◆ Information provided

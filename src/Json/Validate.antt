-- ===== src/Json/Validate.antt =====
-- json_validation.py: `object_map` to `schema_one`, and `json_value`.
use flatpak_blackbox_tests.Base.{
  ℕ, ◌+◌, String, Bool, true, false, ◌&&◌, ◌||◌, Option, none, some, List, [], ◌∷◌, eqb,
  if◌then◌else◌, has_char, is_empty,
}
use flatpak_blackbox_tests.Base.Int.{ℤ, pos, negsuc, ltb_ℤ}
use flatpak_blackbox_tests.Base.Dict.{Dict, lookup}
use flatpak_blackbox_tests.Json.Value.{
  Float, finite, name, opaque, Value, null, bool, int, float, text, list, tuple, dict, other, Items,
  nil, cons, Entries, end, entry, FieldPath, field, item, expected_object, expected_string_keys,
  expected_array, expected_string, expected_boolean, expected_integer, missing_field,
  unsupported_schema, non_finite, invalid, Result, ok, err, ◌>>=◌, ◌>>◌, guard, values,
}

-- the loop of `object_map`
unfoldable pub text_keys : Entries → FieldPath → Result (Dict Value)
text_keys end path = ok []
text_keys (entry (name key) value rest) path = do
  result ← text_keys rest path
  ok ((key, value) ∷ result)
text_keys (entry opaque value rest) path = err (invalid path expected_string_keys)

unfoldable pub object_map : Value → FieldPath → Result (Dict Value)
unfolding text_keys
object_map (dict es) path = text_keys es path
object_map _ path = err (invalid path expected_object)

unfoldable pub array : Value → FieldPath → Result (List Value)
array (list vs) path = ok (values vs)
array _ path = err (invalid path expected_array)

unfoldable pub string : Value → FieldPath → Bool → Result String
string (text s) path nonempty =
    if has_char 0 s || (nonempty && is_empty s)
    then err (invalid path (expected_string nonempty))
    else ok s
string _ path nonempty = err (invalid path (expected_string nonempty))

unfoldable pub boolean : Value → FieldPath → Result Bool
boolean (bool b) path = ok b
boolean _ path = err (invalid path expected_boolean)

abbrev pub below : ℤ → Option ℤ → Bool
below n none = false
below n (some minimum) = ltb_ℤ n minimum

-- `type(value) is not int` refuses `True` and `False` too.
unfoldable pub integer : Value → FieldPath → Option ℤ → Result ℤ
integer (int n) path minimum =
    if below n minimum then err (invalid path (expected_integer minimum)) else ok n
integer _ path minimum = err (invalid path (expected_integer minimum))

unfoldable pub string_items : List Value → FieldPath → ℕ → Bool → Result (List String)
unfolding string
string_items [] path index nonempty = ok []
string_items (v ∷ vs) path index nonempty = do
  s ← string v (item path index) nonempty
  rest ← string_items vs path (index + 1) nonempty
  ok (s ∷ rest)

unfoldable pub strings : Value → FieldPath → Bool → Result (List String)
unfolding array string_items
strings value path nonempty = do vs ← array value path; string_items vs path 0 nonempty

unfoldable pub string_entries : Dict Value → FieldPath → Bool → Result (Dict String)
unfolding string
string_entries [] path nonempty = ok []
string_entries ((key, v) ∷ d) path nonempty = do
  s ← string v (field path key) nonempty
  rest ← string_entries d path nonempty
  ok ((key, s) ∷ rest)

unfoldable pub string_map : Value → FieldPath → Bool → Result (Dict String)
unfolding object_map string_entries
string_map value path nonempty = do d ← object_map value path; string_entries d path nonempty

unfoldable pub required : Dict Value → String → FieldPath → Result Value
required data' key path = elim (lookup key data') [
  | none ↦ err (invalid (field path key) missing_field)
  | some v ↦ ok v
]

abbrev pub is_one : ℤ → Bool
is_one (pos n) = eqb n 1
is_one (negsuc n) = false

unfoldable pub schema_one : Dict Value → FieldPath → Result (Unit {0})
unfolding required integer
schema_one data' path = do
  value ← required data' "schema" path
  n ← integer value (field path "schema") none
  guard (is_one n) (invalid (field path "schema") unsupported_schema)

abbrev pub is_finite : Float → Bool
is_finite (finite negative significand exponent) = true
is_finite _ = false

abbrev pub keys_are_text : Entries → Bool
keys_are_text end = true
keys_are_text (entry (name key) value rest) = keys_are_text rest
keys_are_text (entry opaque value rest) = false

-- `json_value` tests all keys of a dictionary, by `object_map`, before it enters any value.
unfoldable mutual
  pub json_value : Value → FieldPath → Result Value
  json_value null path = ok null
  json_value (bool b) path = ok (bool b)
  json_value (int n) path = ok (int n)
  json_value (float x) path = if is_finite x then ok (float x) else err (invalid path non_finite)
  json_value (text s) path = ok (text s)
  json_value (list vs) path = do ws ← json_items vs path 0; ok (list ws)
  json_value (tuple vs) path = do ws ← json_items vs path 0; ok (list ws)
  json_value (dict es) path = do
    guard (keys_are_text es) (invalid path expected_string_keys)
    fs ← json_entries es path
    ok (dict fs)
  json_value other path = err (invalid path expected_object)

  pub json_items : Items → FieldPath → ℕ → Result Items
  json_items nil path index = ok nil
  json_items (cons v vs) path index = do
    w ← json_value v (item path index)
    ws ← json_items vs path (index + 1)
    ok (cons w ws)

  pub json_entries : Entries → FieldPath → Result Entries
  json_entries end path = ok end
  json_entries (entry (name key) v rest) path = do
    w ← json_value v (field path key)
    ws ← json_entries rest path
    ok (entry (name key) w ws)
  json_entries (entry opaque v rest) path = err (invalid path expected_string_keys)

* * *

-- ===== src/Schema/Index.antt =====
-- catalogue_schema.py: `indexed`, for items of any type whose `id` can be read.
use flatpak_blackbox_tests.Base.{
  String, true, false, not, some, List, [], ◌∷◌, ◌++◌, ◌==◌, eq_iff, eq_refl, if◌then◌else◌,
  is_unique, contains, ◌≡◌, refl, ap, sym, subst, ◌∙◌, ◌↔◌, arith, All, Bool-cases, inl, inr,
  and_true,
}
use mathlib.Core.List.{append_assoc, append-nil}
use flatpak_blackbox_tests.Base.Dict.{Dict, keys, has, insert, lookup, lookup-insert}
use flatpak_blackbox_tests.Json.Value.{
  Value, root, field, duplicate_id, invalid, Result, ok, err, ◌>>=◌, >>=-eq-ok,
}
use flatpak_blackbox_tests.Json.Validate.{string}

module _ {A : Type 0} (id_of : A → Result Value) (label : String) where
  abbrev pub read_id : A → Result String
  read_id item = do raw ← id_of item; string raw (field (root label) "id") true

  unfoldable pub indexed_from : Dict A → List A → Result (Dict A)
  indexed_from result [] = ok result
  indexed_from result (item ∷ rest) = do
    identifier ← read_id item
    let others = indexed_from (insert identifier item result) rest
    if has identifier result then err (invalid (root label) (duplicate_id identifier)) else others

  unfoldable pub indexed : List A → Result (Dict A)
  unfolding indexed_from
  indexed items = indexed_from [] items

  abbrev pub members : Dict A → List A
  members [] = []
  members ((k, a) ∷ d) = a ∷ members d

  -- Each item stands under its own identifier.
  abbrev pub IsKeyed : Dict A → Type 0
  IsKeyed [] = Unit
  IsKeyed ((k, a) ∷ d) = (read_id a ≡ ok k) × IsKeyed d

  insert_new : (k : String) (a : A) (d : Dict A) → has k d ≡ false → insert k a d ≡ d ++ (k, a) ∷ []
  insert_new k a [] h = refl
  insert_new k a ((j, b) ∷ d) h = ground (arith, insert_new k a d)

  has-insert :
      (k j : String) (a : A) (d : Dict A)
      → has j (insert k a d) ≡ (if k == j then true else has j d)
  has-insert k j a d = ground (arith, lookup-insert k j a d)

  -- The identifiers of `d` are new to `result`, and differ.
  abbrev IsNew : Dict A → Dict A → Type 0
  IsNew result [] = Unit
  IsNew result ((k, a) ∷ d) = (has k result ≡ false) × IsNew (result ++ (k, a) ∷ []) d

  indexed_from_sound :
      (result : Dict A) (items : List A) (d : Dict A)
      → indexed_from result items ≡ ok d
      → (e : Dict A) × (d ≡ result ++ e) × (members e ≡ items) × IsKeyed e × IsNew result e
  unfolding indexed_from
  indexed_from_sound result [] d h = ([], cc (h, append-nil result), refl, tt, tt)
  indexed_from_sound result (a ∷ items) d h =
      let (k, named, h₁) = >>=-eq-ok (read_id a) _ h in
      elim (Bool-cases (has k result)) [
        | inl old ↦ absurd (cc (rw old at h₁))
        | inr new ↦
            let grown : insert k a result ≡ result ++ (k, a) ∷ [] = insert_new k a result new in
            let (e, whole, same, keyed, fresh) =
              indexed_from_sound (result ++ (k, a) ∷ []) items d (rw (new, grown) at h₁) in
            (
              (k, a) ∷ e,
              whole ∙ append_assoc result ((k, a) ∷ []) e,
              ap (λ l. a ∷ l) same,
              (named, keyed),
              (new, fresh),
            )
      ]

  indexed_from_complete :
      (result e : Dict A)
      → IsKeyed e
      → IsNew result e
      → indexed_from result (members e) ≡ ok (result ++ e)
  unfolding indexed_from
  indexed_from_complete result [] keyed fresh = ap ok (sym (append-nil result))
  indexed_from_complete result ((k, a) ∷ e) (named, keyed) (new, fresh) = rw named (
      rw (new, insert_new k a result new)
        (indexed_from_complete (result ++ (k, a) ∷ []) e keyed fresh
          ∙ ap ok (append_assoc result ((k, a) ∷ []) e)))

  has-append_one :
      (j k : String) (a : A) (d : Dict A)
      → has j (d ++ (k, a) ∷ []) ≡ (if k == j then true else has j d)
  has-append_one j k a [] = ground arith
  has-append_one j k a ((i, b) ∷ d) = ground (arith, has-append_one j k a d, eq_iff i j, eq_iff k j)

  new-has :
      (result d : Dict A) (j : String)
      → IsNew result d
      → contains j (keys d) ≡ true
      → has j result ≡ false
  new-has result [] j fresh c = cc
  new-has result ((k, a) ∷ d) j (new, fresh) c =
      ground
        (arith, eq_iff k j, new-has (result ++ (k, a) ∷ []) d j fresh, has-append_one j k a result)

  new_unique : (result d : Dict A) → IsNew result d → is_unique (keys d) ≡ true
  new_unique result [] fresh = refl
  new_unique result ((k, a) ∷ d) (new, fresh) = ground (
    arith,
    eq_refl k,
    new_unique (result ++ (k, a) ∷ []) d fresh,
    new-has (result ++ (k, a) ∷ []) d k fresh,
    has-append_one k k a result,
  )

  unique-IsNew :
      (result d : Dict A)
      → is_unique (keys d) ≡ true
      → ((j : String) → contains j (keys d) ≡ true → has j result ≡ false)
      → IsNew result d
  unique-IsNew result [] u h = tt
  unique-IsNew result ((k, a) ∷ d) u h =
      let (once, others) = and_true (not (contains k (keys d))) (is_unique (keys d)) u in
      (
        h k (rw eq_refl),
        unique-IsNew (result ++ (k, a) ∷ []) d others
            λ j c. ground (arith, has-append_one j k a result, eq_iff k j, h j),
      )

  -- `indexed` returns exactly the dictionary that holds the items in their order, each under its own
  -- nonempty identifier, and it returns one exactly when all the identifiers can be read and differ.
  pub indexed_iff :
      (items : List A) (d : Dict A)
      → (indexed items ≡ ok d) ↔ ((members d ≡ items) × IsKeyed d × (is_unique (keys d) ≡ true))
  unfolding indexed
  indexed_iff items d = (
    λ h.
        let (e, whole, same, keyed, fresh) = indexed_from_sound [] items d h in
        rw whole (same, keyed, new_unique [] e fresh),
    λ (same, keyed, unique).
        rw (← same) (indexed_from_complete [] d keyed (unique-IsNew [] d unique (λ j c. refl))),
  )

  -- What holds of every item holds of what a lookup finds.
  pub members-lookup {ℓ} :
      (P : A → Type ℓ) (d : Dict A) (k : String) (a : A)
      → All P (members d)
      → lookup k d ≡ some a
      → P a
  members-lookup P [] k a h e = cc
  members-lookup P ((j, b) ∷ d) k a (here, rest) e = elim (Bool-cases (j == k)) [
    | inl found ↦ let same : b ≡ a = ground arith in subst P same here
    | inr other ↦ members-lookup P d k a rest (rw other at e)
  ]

---

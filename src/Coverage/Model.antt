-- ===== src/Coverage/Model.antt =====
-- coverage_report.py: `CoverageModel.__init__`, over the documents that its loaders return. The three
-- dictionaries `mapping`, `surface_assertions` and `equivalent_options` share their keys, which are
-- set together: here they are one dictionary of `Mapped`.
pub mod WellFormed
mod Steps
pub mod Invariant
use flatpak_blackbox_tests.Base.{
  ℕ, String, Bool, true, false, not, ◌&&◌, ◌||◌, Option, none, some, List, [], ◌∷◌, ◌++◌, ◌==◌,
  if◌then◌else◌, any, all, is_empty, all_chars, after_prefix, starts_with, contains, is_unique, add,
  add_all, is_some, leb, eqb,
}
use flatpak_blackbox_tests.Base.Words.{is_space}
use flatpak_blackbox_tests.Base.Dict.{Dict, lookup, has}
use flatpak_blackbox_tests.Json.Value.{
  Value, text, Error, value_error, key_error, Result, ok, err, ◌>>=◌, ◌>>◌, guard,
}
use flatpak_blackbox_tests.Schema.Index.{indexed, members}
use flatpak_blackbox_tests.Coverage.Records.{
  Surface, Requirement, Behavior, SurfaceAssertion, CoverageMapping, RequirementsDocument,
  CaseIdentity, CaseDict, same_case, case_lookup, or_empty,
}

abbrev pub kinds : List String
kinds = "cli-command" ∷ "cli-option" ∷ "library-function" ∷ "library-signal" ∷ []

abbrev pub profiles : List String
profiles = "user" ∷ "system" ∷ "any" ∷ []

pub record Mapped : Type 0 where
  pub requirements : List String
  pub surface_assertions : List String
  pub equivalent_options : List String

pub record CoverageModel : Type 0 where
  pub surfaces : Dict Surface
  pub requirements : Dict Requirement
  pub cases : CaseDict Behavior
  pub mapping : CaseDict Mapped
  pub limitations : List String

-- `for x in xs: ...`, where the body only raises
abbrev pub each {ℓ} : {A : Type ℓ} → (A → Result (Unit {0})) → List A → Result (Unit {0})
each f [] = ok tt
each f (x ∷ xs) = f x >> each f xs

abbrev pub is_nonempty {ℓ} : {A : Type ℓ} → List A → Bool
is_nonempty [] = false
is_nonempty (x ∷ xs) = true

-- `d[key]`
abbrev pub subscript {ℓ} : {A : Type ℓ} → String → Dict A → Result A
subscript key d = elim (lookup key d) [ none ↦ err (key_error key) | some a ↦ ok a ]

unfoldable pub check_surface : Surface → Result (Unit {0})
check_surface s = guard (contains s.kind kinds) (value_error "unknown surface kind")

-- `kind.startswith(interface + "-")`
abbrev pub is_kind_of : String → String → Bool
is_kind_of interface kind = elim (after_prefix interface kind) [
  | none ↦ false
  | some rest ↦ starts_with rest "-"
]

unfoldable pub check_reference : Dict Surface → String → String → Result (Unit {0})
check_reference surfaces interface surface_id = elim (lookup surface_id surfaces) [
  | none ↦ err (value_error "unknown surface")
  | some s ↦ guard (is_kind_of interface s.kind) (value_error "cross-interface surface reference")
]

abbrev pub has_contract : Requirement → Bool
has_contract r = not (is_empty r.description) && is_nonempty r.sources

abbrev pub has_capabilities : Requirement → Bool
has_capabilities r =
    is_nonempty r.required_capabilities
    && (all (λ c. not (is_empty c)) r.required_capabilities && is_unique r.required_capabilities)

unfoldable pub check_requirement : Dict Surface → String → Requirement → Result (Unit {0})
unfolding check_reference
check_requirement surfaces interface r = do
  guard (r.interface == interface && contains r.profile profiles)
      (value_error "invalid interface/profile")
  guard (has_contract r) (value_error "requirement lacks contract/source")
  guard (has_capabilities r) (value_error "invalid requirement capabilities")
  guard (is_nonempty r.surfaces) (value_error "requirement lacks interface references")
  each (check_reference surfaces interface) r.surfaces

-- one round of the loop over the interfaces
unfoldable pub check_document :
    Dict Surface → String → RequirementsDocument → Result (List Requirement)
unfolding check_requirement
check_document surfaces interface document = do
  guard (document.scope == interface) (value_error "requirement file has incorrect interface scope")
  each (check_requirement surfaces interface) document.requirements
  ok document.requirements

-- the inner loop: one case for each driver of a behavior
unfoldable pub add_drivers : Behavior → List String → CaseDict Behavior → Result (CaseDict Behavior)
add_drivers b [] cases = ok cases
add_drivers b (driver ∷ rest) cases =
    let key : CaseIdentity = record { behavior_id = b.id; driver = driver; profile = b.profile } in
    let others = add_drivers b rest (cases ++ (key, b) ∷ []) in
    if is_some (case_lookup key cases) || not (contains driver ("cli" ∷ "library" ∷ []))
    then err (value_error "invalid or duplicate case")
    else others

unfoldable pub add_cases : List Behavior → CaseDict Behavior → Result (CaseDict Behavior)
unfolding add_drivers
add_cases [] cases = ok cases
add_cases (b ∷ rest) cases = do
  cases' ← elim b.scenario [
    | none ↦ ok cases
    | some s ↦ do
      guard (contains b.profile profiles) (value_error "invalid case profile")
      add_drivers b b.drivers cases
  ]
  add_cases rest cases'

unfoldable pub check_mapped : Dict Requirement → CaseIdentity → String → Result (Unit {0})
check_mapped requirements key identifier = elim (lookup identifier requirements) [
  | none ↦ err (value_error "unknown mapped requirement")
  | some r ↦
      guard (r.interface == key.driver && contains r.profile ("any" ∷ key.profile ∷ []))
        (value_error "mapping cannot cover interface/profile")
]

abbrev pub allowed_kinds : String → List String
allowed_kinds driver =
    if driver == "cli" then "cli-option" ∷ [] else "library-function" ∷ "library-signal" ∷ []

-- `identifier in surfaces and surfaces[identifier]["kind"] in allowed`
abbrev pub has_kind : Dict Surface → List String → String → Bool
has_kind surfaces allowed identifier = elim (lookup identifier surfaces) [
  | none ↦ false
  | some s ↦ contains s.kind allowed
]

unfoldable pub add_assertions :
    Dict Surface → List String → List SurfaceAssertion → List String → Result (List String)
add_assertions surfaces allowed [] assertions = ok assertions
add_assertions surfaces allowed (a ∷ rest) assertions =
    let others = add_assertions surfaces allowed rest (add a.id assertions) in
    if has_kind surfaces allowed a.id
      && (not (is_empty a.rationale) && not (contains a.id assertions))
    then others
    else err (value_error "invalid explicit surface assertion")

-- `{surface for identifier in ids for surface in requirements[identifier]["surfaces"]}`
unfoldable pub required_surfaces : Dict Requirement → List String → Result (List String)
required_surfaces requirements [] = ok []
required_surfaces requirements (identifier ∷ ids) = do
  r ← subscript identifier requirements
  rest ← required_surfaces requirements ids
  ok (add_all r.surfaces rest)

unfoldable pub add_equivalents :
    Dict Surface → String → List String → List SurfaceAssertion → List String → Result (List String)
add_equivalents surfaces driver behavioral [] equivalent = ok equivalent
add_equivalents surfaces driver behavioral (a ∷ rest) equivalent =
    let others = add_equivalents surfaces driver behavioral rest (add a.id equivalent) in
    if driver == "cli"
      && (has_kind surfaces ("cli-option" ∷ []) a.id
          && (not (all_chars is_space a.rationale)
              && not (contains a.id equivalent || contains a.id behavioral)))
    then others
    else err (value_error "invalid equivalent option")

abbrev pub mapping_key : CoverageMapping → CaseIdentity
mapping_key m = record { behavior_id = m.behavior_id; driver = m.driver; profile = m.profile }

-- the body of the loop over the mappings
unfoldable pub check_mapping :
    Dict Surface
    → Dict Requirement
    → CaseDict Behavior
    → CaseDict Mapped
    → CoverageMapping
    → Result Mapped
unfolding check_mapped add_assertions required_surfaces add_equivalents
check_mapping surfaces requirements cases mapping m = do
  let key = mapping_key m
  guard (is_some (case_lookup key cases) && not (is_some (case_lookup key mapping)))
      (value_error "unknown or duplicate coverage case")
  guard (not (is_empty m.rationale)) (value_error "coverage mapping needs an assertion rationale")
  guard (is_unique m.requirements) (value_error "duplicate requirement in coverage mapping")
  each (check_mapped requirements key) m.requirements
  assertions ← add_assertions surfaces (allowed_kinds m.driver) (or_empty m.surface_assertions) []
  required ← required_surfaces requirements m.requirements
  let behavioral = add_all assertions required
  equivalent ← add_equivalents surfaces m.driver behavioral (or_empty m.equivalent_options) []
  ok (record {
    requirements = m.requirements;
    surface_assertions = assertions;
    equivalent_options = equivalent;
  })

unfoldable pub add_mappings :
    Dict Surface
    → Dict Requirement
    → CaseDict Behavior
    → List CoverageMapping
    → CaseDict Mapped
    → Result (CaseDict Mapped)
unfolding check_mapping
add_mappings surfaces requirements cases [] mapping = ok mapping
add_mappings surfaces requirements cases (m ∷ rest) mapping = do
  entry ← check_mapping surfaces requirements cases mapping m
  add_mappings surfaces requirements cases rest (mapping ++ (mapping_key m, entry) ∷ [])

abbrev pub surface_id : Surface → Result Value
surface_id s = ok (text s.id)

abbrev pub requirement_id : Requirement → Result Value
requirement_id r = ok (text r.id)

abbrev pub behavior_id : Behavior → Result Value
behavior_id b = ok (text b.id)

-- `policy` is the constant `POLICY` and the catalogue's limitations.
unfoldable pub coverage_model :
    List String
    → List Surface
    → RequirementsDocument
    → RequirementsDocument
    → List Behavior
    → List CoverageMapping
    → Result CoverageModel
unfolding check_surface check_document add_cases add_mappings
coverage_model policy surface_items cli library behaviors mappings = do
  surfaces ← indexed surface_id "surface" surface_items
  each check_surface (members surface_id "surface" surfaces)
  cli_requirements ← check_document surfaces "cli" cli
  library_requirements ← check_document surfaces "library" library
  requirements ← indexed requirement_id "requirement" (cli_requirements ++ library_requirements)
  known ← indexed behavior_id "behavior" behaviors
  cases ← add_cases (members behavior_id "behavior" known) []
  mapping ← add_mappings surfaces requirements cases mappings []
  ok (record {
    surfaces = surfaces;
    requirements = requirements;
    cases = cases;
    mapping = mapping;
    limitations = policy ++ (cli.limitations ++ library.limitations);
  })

◆ Problem
Go through the records above and return each line in which the word "filename" occurs.

◆ Answer space
filename src/Json/Validate.antt
filename src/Coverage/Model.antt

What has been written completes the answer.